# repairing a wrong routing



## Shuja (Feb 10, 2014)

New to routing. I was making a groove. Unfortunately I overshot the line. How can I repair it? I want-to either wax the final product or varnish it. I dont want to paint it. somebody help.


----------



## Case101 (Jun 29, 2013)

need more info, picture?


----------



## FellingStudio (Oct 17, 2013)

You need to replace the wood or make a new part or incorporate the mistake into your design.

Replace the wood by using a filler product of some type (the mistake will be obvious) or by gluing in a piece of wood (which will be less obvious). If you choose to glue in a piece of wood it can be done almost invisibly if you choose a patch that matches in color and grain. Hopefully you have some leftover stock to pick from. This type of repair is called a Dutchman, google it, I expect that you will find some good tips.


----------



## BinghamtonEd (Nov 30, 2011)

I did something similar when I routed the wrong side of the line for a hinge mortise on a baby gate. I think a groove might be even easier to fix, so that's good. I'm assuming by overshot, you mean the groove is too wide. If the side you overshot on is not a smooth square edge, use the router to make one. Glue in a strip of the same wood, try to match color and grain direction as much as possible, then sand/plane it flush. Then, re-rout the groove as you intended it to be, like you never even made that mistake. When I fixed my mortise, it was in walnut, I chiseled the error square, then cut a patch to fit in the square. You wouldn't notice it unless I pointed it out (also helps that it's hidden most of the time). Chances are, assuming the groove it set to accept a shelf or something, it'll be in a corner where it's even less noticeable.


----------



## a1Jim (Aug 9, 2008)

As Ed said the best thing to repair wood is wood. When patching wood take extra time to match the grain and wood color and have an exact fit, that can make your repair almost invisible


----------



## Shuja (Feb 10, 2014)

Yes .Thank you all. When I said I overshot I mean I did not turn soon enough to make a rectangular decorative groove. Sorry I could not upload a picture.


----------



## Shuja (Feb 10, 2014)

this is the photo


----------



## BinghamtonEd (Nov 30, 2011)

That one might be a tough fix, it looks like some pretty pronounced grain that will be on an exposed portion, and looks like it's already glued up. If you have a piece cut off from the end of that board, you may be able to match the grain. I'd still rout entirely across the piece for the patch, I think it'll be less noticeable than trying to square up the end of the groove and get a piece to fit perfectly.

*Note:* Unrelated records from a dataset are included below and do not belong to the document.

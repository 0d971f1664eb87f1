-- ===== src/Codec/Url/Escape.antt =====
-- Escaped texts are read back, and hold none of the bytes that a query is cut at.
use sing_xhttp.Common.{
  ℕ, ◌+◌, ◌*◌, ◌/◌, ◌%◌, ◌<◌, ◌≡◌, ◌≢◌, refl, ap, sym, subst, ◌∙◌, ◌⊎◌, inl, inr, Bool, true, false,
  ◌&&◌, ltb, some, [], ◌∷◌, ◌++◌, arith, ◌==◌, if◌then◌else◌, All, All-append, Bool-cases,
}
use sing_xhttp.Common.Text.{Bytes}
use sing_xhttp.Common.Strings.{Lacks}
use sing_xhttp.Codec.Url.{
  plain, percent, half, push_byte, is_unreserved, hex_digit, hex_value, escape_byte, escape,
  unescape_from, unescape,
}

-- Every element is a byte.
abbrev pub AreBytes : Bytes → Type 0
AreBytes = All (λ x. x < 256)

abbrev pub all_bytes : Bytes → Bool
all_bytes [] = true
all_bytes (c ∷ s) = ltb c 256 && all_bytes s

-- For a text that is given.
pub all_bytes-AreBytes : (s : Bytes) → all_bytes s ≡ true → AreBytes s
all_bytes-AreBytes [] h = tt
all_bytes-AreBytes (c ∷ s) h = (ground (arith, h), all_bytes-AreBytes s (ground (arith, h)))

hex_value-hex_digit : (d : ℕ) → d < 16 → hex_value (hex_digit d) ≡ some d
unfolding hex_value hex_digit
hex_value-hex_digit d h = ground arith

byte_halves : (c : ℕ) → c < 256 → (c / 16 < 16) × (c % 16 < 16) × (c / 16 * 16 + c % 16 ≡ c)
byte_halves c h = (omega arith, omega arith, omega arith)

-- The shape of an escaped byte.
escape_byte-cases :
    (c : ℕ)
    → (is_unreserved c ≡ true) × (escape_byte c ≡ c ∷ [])
      ⊎ (c ≡ b' ') × (escape_byte c ≡ b'+' ∷ [])
      ⊎ (escape_byte c ≡ b'%' ∷ hex_digit (c / 16) ∷ hex_digit (c % 16) ∷ [])
unfolding escape_byte
escape_byte-cases c = elim (Bool-cases (is_unreserved c)) [
  | inl e ↦ inl (e, rw e refl)
  | inr e ↦ elim (Bool-cases (c == b' ')) [
    | inl space ↦ inr (inl (ground arith, rw (e, space) refl))
    | inr other ↦ inr (inr (rw (e, other) refl))
  ]
]

plain_byte :
    (c : ℕ) (s : Bytes)
    → (c == b'%') ≡ false
    → unescape_from plain (c ∷ s)
      ≡ push_byte (if c == b'+' then b' ' else c) (unescape_from plain s)
unfolding unescape_from
plain_byte c s e = rw (e, unescape_from) refl

unreserved_plain : (c : ℕ) → is_unreserved c ≡ true → ((c == b'%') ≡ false) × ((c == b'+') ≡ false)
unfolding is_unreserved
unreserved_plain c h = (ground arith, ground arith)

first_digit :
    (c h : ℕ) (s : Bytes)
    → hex_value c ≡ some h
    → unescape_from percent (c ∷ s) ≡ unescape_from (half h) s
unfolding unescape_from
first_digit c h s e = rw (e, unescape_from) refl

second_digit :
    (h c l : ℕ) (s : Bytes)
    → hex_value c ≡ some l
    → unescape_from (half h) (c ∷ s) ≡ push_byte (h * 16 + l) (unescape_from plain s)
unfolding unescape_from
second_digit h c l s e = rw (e, unescape_from) refl

percent_byte :
    (h l : ℕ) (s : Bytes)
    → h < 16
    → l < 16
    → unescape_from plain (b'%' ∷ hex_digit h ∷ hex_digit l ∷ s)
      ≡ push_byte (h * 16 + l) (unescape_from plain s)
unfolding unescape_from
percent_byte h l s lo hi =
    first_digit (hex_digit h) h (hex_digit l ∷ s) (hex_value-hex_digit h lo)
    ∙ second_digit h (hex_digit l) l s (hex_value-hex_digit l hi)

unescape-escape_byte :
    (c : ℕ) (s : Bytes)
    → c < 256
    → unescape_from plain (escape_byte c ++ s) ≡ push_byte c (unescape_from plain s)
unescape-escape_byte c s h = elim (escape_byte-cases c) [
  | inl (free, e) ↦
      let (p, q) = unreserved_plain c free in
      rw e
        (plain_byte c s p ∙ ap (λ b. push_byte (if b then b' ' else c) (unescape_from plain s)) q)
  | inr (inl (e, k)) ↦ rw (k, e) (plain_byte b'+' s refl)
  | inr (inr e) ↦
      let (hi, lo, sum) = byte_halves c h in
      rw e
        (percent_byte (c / 16) (c % 16) s hi lo ∙ ap (λ n. push_byte n (unescape_from plain s)) sum)
]

-- What is escaped is read back.
unescape_from-escape : (s : Bytes) → AreBytes s → unescape_from plain (escape s) ≡ some s
unfolding escape unescape_from
unescape_from-escape [] h = refl
unescape_from-escape (c ∷ s) h =
    unescape-escape_byte c (escape s) h.0 ∙ ap (push_byte c) (unescape_from-escape s h.1)

pub unescape-escape : (s : Bytes) → AreBytes s → unescape (escape s) ≡ some s
unfolding unescape
unescape-escape s h = unescape_from-escape s h

-- A byte that escaped texts do not hold.
abbrev pub IsReserved : ℕ → Type 0
IsReserved x = (is_unreserved x ≡ false) × (x ≢ b'+') × (x ≢ b'%')

hex_digit-unreserved : (d : ℕ) → d < 16 → is_unreserved (hex_digit d) ≡ true
unfolding hex_digit is_unreserved
hex_digit-unreserved d h = ground arith

true_ne_false : true ≢ false
true_ne_false e = cc

differs : (x c : ℕ) → is_unreserved x ≡ false → is_unreserved c ≡ true → c ≢ x
differs x c e h same = true_ne_false (sym h ∙ ap is_unreserved same ∙ e)

escape_byte-Lacks : (x c : ℕ) → IsReserved x → c < 256 → Lacks x (escape_byte c)
escape_byte-Lacks x c (e, p, q) h = elim (escape_byte-cases c) [
  | inl (free, k) ↦ subst (Lacks x) (sym k) (differs x c e free, tt)
  | inr (inl (_, k)) ↦ subst (Lacks x) (sym k) ((λ n. p (sym n)), tt)
  | inr (inr k) ↦
      let (hi, lo, _) = byte_halves c h in
      subst (Lacks x) (sym k) (
        (λ n. q (sym n)),
        (
          differs x (hex_digit (c / 16)) e (hex_digit-unreserved (c / 16) hi),
          (differs x (hex_digit (c % 16)) e (hex_digit-unreserved (c % 16) lo), tt),
        ),
      )
]

pub escape-Lacks : (x : ℕ) (s : Bytes) → IsReserved x → AreBytes s → Lacks x (escape s)
unfolding escape
escape-Lacks x [] r h = tt
escape-Lacks x (c ∷ s) r h =
    All-append (λ y. y ≢ x) (escape_byte c) (escape s) (escape_byte-Lacks x c r h.0)
      (escape-Lacks x s r h.1)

Another thing to consider, what about widening all of the grooves, and adding a strip of contrasting wood (like the darker wood I see there) around the groove? If you can't hide it, highlight it. Make it look intentional.

What is this you're making here?


----------



## a1Jim (Aug 9, 2008)

Not sure what your making here,but if you can just us a planner and reduce the thickness of your wood and then you can start over.
you might cutout a templet to follow the design you want to route.

Like this










you use a router guide that looks like this.


----------



## jerryminer (Jun 15, 2014)

You could take a sharp chisel and cut a shallow recess as drawn here, and let in a grain-matched "Dutchman."


----------



## Shuja (Feb 10, 2014)

Thanks everybody. Lot of suggestions. Each as good as any.
I am making a day bed from various types of wood I was donated, found & bought. The pine wood is bought. The red sandal wood I was given-part of staircase railing, the black/brown lathed wood part of a broken camp cot. I bought the router after gluing because i found it hard to do the back rest. I should have done enough practice before trying on this. But I ended up with this.


----------



## BinghamtonEd (Nov 30, 2011)

So did you find a resolution? Where on the project is this error?


----------



## Shuja (Feb 10, 2014)

Sorry.
When I took the picture I did not have the router
The error is on the cross member on the left & right sides
I do not have any off cuts. I am actually searching in the second hand market for a similar piece.
I do not want to go with a contrasting color
Wish me luck


----------